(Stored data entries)
= = = =
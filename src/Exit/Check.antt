-- ===== src/Exit/Check.antt =====
-- `evaluate_exit_order` of app/live_exit.py: whether an exit candidate may be sold, and how much of it.
-- What the exchange, the clock and the risk manager's tables answer is an argument, `World`.
use Prim.Native.String.{String}
use auto_coin_bot.Common.{
  ℕ, Bool, true, false, not, ◌&&◌, ◌||◌, Option, none, some, List, [], ◌∷◌, if◌then◌else◌, leb, ltb,
  ◌==◌, any, map, length, filter, get_or_else,
}
use auto_coin_bot.Common.Float.{
  Float, missing, ◌+◌, ◌*◌, lt, le, ge, dec, nought, max, min, or_else, sum,
}
use auto_coin_bot.Common.Table.{str_eq}
use auto_coin_bot.Risk
use auto_coin_bot.Risk.{RiskConfig, Code}
use auto_coin_bot.Risk.Check.{Order, OrderType, Call, Facts, Base, Mode, Verdict, Balances}
use auto_coin_bot.Risk.Check as RiskCheck
use auto_coin_bot.Risk.Market
use auto_coin_bot.Slots.{is_active}
use auto_coin_bot.Exit.Rows
use auto_coin_bot.Exit.Rows.{Position, Candidate, Store, RiskResult, is_exitable, is_approved}
use auto_coin_bot.Exit.Store.{has_open_exit_order, count_exit_retries}
use auto_coin_bot.Exit.Trigger.{Config}

-- What the capital snapshot holds: `available` is the coin of the market as app/capital_snapshot.py reads
-- the balances, `balance` as `_balance_available_from_snapshot` does. The positions are the snapshot's,
-- or where it has none, those of the market that are open.
pub record Snapshot (F : Type 0) : Type 0 where
  pub is_fresh : Bool
  pub available : F
  pub balance : F
  pub positions : List (Position F)

pub record World (F : Type 0) : Type 0 where
  pub min_order_krw : F
  pub emergency_stopped : Bool
  pub balance_blocking : Bool  -- of `reconcile_balances`
  pub broker_fails : Bool  -- a request for the balances, the chance or the snapshot raises
  pub snapshot : Snapshot F
  pub balances : Balances F  -- as far as they were read
  pub account_equity_krw : Option F  -- the effective one
  pub risk_config : RiskConfig F
  pub risk_facts : Facts F

-- The parts of the candidate that a sale of several positions, or a cut of the volume, replaces.
pub record Sale (F : Type 0) : Type 0 where
  pub volume : F
  pub expected_amount_krw : F
  pub expected_fee : F
  pub position_ids : List ℕ  -- `aggregate_exit_position_ids`, and `aggregate_exit` if there are any

pub record ExitRisk (F : Type 0) : Type 0 where
  pub allowed : Bool
  pub risk_result : RiskResult
  pub price : F
  pub volume : F
  pub amount_krw : F
  pub fee_estimate : F
  pub expected_pnl : F
  pub aggregate_exit_position_ids : List ℕ

-- What the chain of tests leaves: the refusal, if any, the sale, and what was asked of the exchange.
pub record Basis (F : Type 0) : Type 0 where
  pub refusal : Option Code
  pub sale : Sale F
  pub balance_mismatch : Option Bool
  pub balances : Balances F

abbrev pub some_ids : List ℕ → Bool
some_ids [] = false
some_ids (_ ∷ _) = true

-- The order of `(str(opened_at or ""), id)`.
abbrev opened_before : Option ℕ → Option ℕ → Bool
opened_before none none = false
opened_before none (some b) = true
opened_before (some a) none = false
opened_before (some a) (some b) = ltb a b

abbrev pub is_none : Option Code → Bool
is_none none = true
is_none (some _) = false

-- "ALLOWED", or the block code, which a refusal always has.
abbrev pub result_of : Bool → Option Code → RiskResult
result_of true code = Rows.allowed
result_of false code = Rows.named (get_or_else code (Risk.base ""))

abbrev pub refused : String → Option Code
refused text = some (Risk.base text)

module _ {F : Type 0} ⦃num : Float F⦄ where
  -- `sellable_volume_for_position` of app/capital_snapshot.py.
  unfoldable pub sellable_volume_for_position : Snapshot F → Position F → F
  sellable_volume_for_position snapshot p = max (min p.entry_volume snapshot.available) nought

  unfoldable pub plain_sale : Candidate F → Sale F
  plain_sale c = record {
    volume = c.volume;
    expected_amount_krw = c.expected_amount_krw;
    expected_fee = c.expected_fee;
    position_ids = [];
  }

  abbrev is_same_market : Candidate F → Position F → Bool
  is_same_market c p =
      (str_eq p.exchange "" || str_eq p.exchange c.exchange)
      && str_eq p.market c.market
      && is_active p.status

  abbrev pub is_earlier : Position F → Position F → Bool
  is_earlier p q =
      opened_before p.opened_at q.opened_at
      || (not (opened_before q.opened_at p.opened_at) && ltb p.id q.id)

  unfoldable pub insert_earliest : Position F → List (Position F) → List (Position F)
  insert_earliest p [] = p ∷ []
  insert_earliest p (q ∷ qs) = if is_earlier p q then p ∷ q ∷ qs else q ∷ insert_earliest p qs

  unfoldable pub by_age : List (Position F) → List (Position F)
  unfolding insert_earliest
  by_age [] = []
  by_age (p ∷ ps) = insert_earliest p (by_age ps)

  abbrev other_exits : Position F → Store F → Position F → Bool
  other_exits p s q = not (q.id == p.id) && has_open_exit_order q.id s

  abbrev is_dust : F → F → Position F → Bool
  is_dust target least p =
      let amount = p.entry_volume * target in lt nought amount && lt amount least

  unfoldable pub aggregate_same_market_exit_candidate :
      Config F → World F → Store F → Candidate F → Position F → Sale F
  unfolding by_age plain_sale sellable_volume_for_position
  aggregate_same_market_exit_candidate config w s c p =
      let target = c.target_exit_price in
      let positions = filter (is_same_market c) w.snapshot.positions in
      let current = sellable_volume_for_position w.snapshot p * target in
      let dust = any (is_dust target w.min_order_krw) positions in
      let volume = min (sum (map (λ q. q.entry_volume) positions)) w.snapshot.balance in
      let amount = volume * target in
      if le target nought
        || leb (length positions) 1
        || any (other_exits p s) positions
        || (ge current w.min_order_krw && not dust)
        || le volume nought
        || lt amount w.min_order_krw
      then plain_sale c
      else record {
        volume = volume;
        expected_amount_krw = amount;
        expected_fee = amount * config.fee_rate;
        position_ids = map (λ q. q.id) (by_age positions);
      }

  -- The guards before the exchange is asked.
  unfoldable pub early_refusal :
      Config F → World F → Store F → Candidate F → Position F → Bool → Bool → Option Code
  early_refusal config w s c p manual_confirmed is_auto_exit =
      if not (str_eq c.exchange "bithumb")
      then refused "BLOCKED_EXCHANGE_NOT_ALLOWED"
      else if not (str_eq c.market p.market)
      then refused "BLOCKED_SELL_POSITION_NOT_FOUND"
      else if not config.exit_order_is_limit
      then refused "BLOCKED_MARKET_ORDER_DISABLED"
      else if config.market_order_enabled
      then refused "BLOCKED_MARKET_ORDER_DISABLED"
      else if is_auto_exit && w.emergency_stopped
      then refused "BLOCKED_EMERGENCY_STOP"
      else if is_auto_exit && not config.exit_enabled
      then refused "BLOCKED_EXIT_DISABLED"
      else if not (is_exitable p.status)
      then refused "BLOCKED_POSITION_NOT_OPEN"
      else if has_open_exit_order p.id s
      then refused "BLOCKED_OPEN_EXIT_ORDER_EXISTS"
      else if leb config.max_exit_retry_count (count_exit_retries c.id s)
      then refused "BLOCKED_MAX_EXIT_RETRY"
      else if not is_auto_exit
          && config.require_manual_confirm
          && (not manual_confirmed || not (is_approved c.status))
      then refused "BLOCKED_MANUAL_CONFIRM_REQUIRED"
      else none

  -- The sale that the balance admits, or the reason that it admits none.
  unfoldable pub fit_sale : World F → Candidate F → Position F → Sale F → Option Code × Sale F
  unfolding sellable_volume_for_position
  fit_sale w c p sale =
      let own = sellable_volume_for_position w.snapshot p in
      let sellable = if some_ids sale.position_ids then or_else sale.volume own else own in
      let adjusted = sellable * c.target_exit_price in
      if le sellable nought
      then (refused "BLOCKED_SELL_BALANCE_ZERO", sale)
      else if lt (sellable + dec 1 12) sale.volume
      then if lt adjusted w.min_order_krw
        then (refused "BLOCKED_SELL_VOLUME_BELOW_MIN", sale)
        else (none, record sale { volume = sellable; expected_amount_krw = adjusted })
      else if lt sale.expected_amount_krw w.min_order_krw
      then (refused "BLOCKED_SELL_VOLUME_BELOW_MIN", sale)
      else (none, sale)

  unfoldable pub check_exchange :
      Config F → World F → Store F → Candidate F → Position F → Option Code × Sale F
  check_exchange config w s c p =
      if w.balance_blocking
      then (refused "BLOCKED_BALANCE_MISMATCH", plain_sale c)
      else if w.broker_fails
      then (refused "BLOCKED_ORDER_CHANCE_FAILED", plain_sale c)
      else if not w.snapshot.is_fresh
      then (refused "BLOCKED_SNAPSHOT_STALE", plain_sale c)
      else fit_sale w c p (aggregate_same_market_exit_candidate config w s c p)

  -- No balances are known where the code refuses before it asks for them.
  unfoldable pub asked_basis :
      Option Code → Config F → World F → Store F → Candidate F → Position F → Basis F
  asked_basis (some code) config w s c p = record {
    refusal = some code;
    sale = plain_sale c;
    balance_mismatch = none;
    balances = RiskCheck.absent;
  }
  asked_basis none config w s c p =
      let (refusal, sale) = check_exchange config w s c p in
      record {
        refusal = refusal;
        sale = sale;
        balance_mismatch = some w.balance_blocking;
        balances = if w.balance_blocking then RiskCheck.absent else w.balances;
      }

  unfoldable pub basis_of :
      Config F → World F → Store F → Candidate F → Option (Position F) → Bool → Bool → Basis F
  basis_of config w s c none manual_confirmed is_auto_exit = record {
    refusal = refused "BLOCKED_POSITION_NOT_OPEN";
    sale = plain_sale c;
    balance_mismatch = none;
    balances = RiskCheck.absent;
  }
  basis_of config w s c (some p) manual_confirmed is_auto_exit =
      asked_basis (early_refusal config w s c p manual_confirmed is_auto_exit) config w s c p

  unfoldable pub base_of : Basis F → Base F
  base_of b = record {
    allowed = is_none b.refusal;
    block_code = b.refusal;
    risk_level = none;
    max_allowed_order_krw = none;
  }

  unfoldable pub order_of : Candidate F → Sale F → String → Order F
  order_of c sale request_id = record {
    request_id = request_id;
    exchange = c.exchange;
    market = c.market;
    side = Risk.Side.sell;
    order_type = some OrderType.limit;
    ord_type = none;
    amount_krw = some sale.expected_amount_krw;
    price = some c.target_exit_price;
    volume = some sale.volume;
    scale_in = false;
  }

  abbrev price_snapshot : F → Market.Snapshot F
  price_snapshot price = record {
    range_rate = none;
    liquidity_check_required = false;
    current_1m_trade_price_volume = missing;
    recent_5m_avg_trade_price_volume = missing;
    recent_5m_volume_count = 0;
    complete_is_false = false;
    trade_price_volume = none;
    volume_krw = none;
    price = some price;
    trade_price = none;
    volume = none;
  }

  unfoldable pub call_of : World F → Candidate F → Basis F → Bool → Call F
  call_of w c b is_auto_exit = record {
    purpose = Risk.Purpose.exit_order;
    mode = if is_auto_exit then Mode.auto_strategy_running else Mode.live_manual_only;
    session_id = some c.session_id;
    candidate_strategy_id = some c.candidate_strategy_id;
    candle_time_utc = c.candle_time_utc;
    is_auto = is_auto_exit;
    profit_engine_entry = false;
    balance_mismatch = b.balance_mismatch;
    account_equity_krw = w.account_equity_krw;
    snapshot = some (price_snapshot c.target_exit_price);
    balances = b.balances;
  }

  unfoldable pub verdict_of : World F → Candidate F → Basis F → String → Bool → Verdict
  verdict_of w c b request_id is_auto_exit =
      (RiskCheck.check_order_risk w.risk_config (base_of b) (order_of c b.sale request_id)
        (call_of w c b is_auto_exit) w.risk_facts).0

  -- The result where there is a candidate.
  unfoldable pub evaluate_exit_order :
      Config F
      → World F
      → Store F
      → Candidate F
      → Option (Position F)
      → Bool
      → Bool
      → String
      → ExitRisk F
  evaluate_exit_order config w s c p manual_confirmed is_auto_exit request_id =
      let b = basis_of config w s c p manual_confirmed is_auto_exit in
      let v = verdict_of w c b request_id is_auto_exit in
      record {
        allowed = v.allowed;
        risk_result = result_of v.allowed v.block_code;
        price = c.target_exit_price;
        volume = b.sale.volume;
        amount_krw = b.sale.expected_amount_krw;
        fee_estimate = b.sale.expected_fee;
        expected_pnl = c.expected_pnl;
        aggregate_exit_position_ids = b.sale.position_ids;
      }

  unfoldable pub evaluate_found :
      Config F
      → World F
      → Store F
      → Option (Candidate F)
      → Option (Position F)
      → Bool
      → Bool
      → String
      → ExitRisk F
  evaluate_found config w s none p manual_confirmed is_auto_exit request_id = record {
    allowed = false;
    risk_result = Rows.named (Risk.base "EXIT_CANDIDATE_NOT_FOUND");
    price = nought;
    volume = nought;
    amount_krw = nought;
    fee_estimate = nought;
    expected_pnl = nought;
    aggregate_exit_position_ids = [];
  }
  evaluate_found config w s (some c) p manual_confirmed is_auto_exit request_id =
      evaluate_exit_order config w s c p manual_confirmed is_auto_exit request_id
= = = =
- What to work on
Please copy, exactly and with nothing else, the lines above beginning at the line that has "abbrev pub some_ids : List ℕ → Bool" and ending with the line that has "refused text = some (Risk.base text)".

- Output of the task
abbrev pub some_ids : List ℕ → Bool
some_ids [] = false
some_ids (_ ∷ _) = true

-- The order of `(str(opened_at or ""), id)`.
abbrev opened_before : Option ℕ → Option ℕ → Bool
opened_before none none = false
opened_before none (some b) = true
opened_before (some a) none = false
opened_before (some a) (some b) = ltb a b

abbrev pub is_none : Option Code → Bool
is_none none = true
is_none (some _) = false

-- "ALLOWED", or the block code, which a refusal always has.
abbrev pub result_of : Bool → Option Code → RiskResult
result_of true code = Rows.allowed
result_of false code = Rows.named (get_or_else code (Risk.base ""))

abbrev pub refused : String → Option Code
refused text = some (Risk.base text)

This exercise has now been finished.